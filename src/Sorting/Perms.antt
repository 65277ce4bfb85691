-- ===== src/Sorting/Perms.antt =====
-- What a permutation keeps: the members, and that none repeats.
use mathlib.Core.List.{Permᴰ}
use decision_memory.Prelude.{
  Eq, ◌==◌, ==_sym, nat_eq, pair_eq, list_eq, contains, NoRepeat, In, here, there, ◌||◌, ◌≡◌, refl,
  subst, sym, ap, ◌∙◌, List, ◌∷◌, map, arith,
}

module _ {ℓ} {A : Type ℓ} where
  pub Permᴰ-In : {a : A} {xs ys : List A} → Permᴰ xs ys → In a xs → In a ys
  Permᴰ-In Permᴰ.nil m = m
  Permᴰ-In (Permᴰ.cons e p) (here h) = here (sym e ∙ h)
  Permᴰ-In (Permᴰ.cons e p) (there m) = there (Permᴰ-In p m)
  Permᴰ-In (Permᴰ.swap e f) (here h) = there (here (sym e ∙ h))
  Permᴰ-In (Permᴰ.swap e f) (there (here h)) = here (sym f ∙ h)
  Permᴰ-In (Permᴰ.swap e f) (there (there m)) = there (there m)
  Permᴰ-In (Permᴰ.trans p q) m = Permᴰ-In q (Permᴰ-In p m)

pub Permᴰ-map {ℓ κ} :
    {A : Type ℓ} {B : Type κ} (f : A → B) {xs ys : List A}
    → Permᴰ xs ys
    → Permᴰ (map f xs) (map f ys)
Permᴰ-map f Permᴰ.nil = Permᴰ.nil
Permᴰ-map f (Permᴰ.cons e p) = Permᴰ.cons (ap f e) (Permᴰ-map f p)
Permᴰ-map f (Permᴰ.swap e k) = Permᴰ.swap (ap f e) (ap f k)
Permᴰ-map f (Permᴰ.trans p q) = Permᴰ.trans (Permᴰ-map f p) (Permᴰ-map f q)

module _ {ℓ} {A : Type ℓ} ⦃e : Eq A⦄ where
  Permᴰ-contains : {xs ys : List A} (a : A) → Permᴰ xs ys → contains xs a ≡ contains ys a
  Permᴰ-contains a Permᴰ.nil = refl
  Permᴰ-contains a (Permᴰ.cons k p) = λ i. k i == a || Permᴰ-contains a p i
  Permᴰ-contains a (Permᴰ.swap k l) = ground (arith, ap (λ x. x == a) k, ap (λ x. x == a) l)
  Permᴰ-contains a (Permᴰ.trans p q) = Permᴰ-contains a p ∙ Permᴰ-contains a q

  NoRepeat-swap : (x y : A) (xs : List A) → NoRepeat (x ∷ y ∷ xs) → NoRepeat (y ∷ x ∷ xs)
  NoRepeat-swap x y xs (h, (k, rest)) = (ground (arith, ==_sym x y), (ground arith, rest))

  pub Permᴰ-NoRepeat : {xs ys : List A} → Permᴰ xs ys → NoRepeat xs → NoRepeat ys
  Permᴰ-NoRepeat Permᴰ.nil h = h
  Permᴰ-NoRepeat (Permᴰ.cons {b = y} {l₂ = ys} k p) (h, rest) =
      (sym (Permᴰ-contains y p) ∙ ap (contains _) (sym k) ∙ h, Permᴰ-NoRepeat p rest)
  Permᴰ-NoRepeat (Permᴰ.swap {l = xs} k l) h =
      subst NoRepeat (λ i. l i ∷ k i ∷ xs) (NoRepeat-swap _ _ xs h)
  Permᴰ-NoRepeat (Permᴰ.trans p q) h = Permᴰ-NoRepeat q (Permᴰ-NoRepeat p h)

********

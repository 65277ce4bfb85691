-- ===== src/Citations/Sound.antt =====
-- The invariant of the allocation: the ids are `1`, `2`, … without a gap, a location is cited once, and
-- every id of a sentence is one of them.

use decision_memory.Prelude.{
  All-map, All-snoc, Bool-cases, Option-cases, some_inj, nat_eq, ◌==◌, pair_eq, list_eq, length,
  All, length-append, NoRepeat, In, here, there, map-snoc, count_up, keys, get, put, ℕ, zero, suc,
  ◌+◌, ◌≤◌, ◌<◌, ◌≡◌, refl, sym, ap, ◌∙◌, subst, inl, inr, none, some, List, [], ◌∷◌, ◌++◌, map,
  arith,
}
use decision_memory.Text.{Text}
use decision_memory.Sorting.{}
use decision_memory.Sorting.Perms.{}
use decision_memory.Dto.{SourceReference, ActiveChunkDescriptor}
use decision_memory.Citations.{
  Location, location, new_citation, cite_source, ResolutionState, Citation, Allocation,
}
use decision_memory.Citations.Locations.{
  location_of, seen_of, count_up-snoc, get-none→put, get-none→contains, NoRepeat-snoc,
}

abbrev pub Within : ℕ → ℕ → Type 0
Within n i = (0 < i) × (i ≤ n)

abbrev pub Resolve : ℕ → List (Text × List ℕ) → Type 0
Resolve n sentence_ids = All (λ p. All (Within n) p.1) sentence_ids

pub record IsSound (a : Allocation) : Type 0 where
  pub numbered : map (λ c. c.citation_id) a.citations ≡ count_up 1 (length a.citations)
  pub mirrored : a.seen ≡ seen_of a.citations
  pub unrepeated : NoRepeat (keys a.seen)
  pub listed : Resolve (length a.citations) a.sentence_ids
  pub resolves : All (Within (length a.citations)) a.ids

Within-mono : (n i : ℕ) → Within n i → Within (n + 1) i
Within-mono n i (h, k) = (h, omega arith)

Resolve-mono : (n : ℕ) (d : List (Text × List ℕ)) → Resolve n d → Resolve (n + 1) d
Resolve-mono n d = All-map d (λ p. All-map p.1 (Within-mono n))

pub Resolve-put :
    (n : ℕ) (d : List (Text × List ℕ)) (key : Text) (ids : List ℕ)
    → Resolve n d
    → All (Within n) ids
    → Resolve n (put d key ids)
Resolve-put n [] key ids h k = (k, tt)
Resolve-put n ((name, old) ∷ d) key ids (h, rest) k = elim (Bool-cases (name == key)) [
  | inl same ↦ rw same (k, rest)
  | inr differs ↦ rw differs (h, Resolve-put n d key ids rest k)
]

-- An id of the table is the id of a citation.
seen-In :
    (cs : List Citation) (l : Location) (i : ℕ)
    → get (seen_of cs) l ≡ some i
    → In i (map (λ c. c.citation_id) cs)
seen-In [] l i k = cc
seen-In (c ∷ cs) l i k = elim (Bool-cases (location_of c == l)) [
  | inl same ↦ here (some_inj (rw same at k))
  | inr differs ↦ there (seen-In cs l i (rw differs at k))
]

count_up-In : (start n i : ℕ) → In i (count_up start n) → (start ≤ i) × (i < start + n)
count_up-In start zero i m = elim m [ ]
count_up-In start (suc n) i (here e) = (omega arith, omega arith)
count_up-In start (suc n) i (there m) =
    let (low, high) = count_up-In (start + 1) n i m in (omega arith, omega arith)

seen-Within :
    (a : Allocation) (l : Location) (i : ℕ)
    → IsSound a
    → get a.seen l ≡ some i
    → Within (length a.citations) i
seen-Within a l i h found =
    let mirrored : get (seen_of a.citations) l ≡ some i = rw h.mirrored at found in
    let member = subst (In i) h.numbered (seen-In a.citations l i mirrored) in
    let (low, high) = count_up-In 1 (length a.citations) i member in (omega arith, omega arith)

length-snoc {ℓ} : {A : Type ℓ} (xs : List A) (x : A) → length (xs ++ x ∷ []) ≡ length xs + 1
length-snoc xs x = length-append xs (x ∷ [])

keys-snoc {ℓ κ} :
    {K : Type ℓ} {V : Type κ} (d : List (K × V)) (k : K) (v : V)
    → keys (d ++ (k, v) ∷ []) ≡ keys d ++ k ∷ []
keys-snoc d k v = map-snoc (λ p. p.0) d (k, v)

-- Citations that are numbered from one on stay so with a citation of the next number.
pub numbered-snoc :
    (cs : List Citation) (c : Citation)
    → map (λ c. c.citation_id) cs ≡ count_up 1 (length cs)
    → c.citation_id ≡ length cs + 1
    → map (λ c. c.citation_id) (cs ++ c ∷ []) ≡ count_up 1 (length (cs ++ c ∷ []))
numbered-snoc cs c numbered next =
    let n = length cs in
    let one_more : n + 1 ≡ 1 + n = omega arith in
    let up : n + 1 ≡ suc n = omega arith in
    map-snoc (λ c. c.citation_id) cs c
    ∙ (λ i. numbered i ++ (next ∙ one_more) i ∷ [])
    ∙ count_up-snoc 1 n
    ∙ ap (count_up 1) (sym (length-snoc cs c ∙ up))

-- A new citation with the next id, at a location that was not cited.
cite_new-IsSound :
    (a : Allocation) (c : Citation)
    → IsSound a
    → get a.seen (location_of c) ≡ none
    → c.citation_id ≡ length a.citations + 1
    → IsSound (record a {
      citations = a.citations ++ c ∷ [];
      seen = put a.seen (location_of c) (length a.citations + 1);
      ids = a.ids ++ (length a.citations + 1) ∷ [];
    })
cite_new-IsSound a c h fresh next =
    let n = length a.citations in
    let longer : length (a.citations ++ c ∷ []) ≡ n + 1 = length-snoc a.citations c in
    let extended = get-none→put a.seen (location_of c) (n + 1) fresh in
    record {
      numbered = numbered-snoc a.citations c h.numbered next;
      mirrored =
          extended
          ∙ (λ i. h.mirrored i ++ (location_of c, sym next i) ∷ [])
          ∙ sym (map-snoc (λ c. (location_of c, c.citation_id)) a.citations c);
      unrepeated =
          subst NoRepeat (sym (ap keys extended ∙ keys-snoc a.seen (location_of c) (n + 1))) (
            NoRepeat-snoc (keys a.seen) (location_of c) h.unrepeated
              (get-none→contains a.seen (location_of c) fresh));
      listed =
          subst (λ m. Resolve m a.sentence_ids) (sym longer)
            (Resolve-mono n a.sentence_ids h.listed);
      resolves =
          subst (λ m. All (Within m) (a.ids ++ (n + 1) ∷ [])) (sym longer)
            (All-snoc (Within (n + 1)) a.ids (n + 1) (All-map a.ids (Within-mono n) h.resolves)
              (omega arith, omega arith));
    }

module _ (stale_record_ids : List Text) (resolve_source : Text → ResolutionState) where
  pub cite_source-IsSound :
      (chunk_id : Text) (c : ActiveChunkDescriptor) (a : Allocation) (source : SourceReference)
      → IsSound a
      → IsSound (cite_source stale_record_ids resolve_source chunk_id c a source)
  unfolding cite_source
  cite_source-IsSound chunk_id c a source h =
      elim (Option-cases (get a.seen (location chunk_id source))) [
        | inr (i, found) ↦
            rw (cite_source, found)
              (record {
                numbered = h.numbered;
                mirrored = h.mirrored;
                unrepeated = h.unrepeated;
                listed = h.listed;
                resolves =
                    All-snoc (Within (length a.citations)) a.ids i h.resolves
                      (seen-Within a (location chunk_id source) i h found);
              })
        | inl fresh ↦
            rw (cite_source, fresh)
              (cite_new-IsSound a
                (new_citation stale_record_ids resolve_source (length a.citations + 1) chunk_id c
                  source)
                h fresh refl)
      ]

********

## ACTIVITY
Beginning at the line with "filename src/Sorting/Perms.antt" and stopping after the line with "Permᴰ-contains a (Permᴰ.trans", please write out every line of the data above exactly and nothing else.

## EXERCISE SOLUTION
filename src/Sorting/Perms.antt
repository 65277ce4bfb85691
-- ===== src/Sorting/Perms.antt =====
-- What a permutation keeps: the members, and that none repeats.
use mathlib.Core.List.{Permᴰ}
use decision_memory.Prelude.{
  Eq, ◌==◌, ==_sym, nat_eq, pair_eq, list_eq, contains, NoRepeat, In, here, there, ◌||◌, ◌≡◌, refl,
  subst, sym, ap, ◌∙◌, List, ◌∷◌, map, arith,
}

module _ {ℓ} {A : Type ℓ} where
  pub Permᴰ-In : {a : A} {xs ys : List A} → Permᴰ xs ys → In a xs → In a ys
  Permᴰ-In Permᴰ.nil m = m
  Permᴰ-In (Permᴰ.cons e p) (here h) = here (sym e ∙ h)
  Permᴰ-In (Permᴰ.cons e p) (there m) = there (Permᴰ-In p m)
  Permᴰ-In (Permᴰ.swap e f) (here h) = there (here (sym e ∙ h))
  Permᴰ-In (Permᴰ.swap e f) (there (here h)) = here (sym f ∙ h)
  Permᴰ-In (Permᴰ.swap e f) (there (there m)) = there (there m)
  Permᴰ-In (Permᴰ.trans p q) m = Permᴰ-In q (Permᴰ-In p m)

pub Permᴰ-map {ℓ κ} :
    {A : Type ℓ} {B : Type κ} (f : A → B) {xs ys : List A}
    → Permᴰ xs ys
    → Permᴰ (map f xs) (map f ys)
Permᴰ-map f Permᴰ.nil = Permᴰ.nil
Permᴰ-map f (Permᴰ.cons e p) = Permᴰ.cons (ap f e) (Permᴰ-map f p)
Permᴰ-map f (Permᴰ.swap e k) = Permᴰ.swap (ap f e) (ap f k)
Permᴰ-map f (Permᴰ.trans p q) = Permᴰ.trans (Permᴰ-map f p) (Permᴰ-map f q)

module _ {ℓ} {A : Type ℓ} ⦃e : Eq A⦄ where
  Permᴰ-contains : {xs ys : List A} (a : A) → Permᴰ xs ys → contains xs a ≡ contains ys a
  Permᴰ-contains a Permᴰ.nil = refl
  Permᴰ-contains a (Permᴰ.cons k p) = λ i. k i == a || Permᴰ-contains a p i
  Permᴰ-contains a (Permᴰ.swap k l) = ground (arith, ap (λ x. x == a) k, ap (λ x. x == a) l)
  Permᴰ-contains a (Permᴰ.trans p q) = Permᴰ-contains a p ∙ Permᴰ-contains a q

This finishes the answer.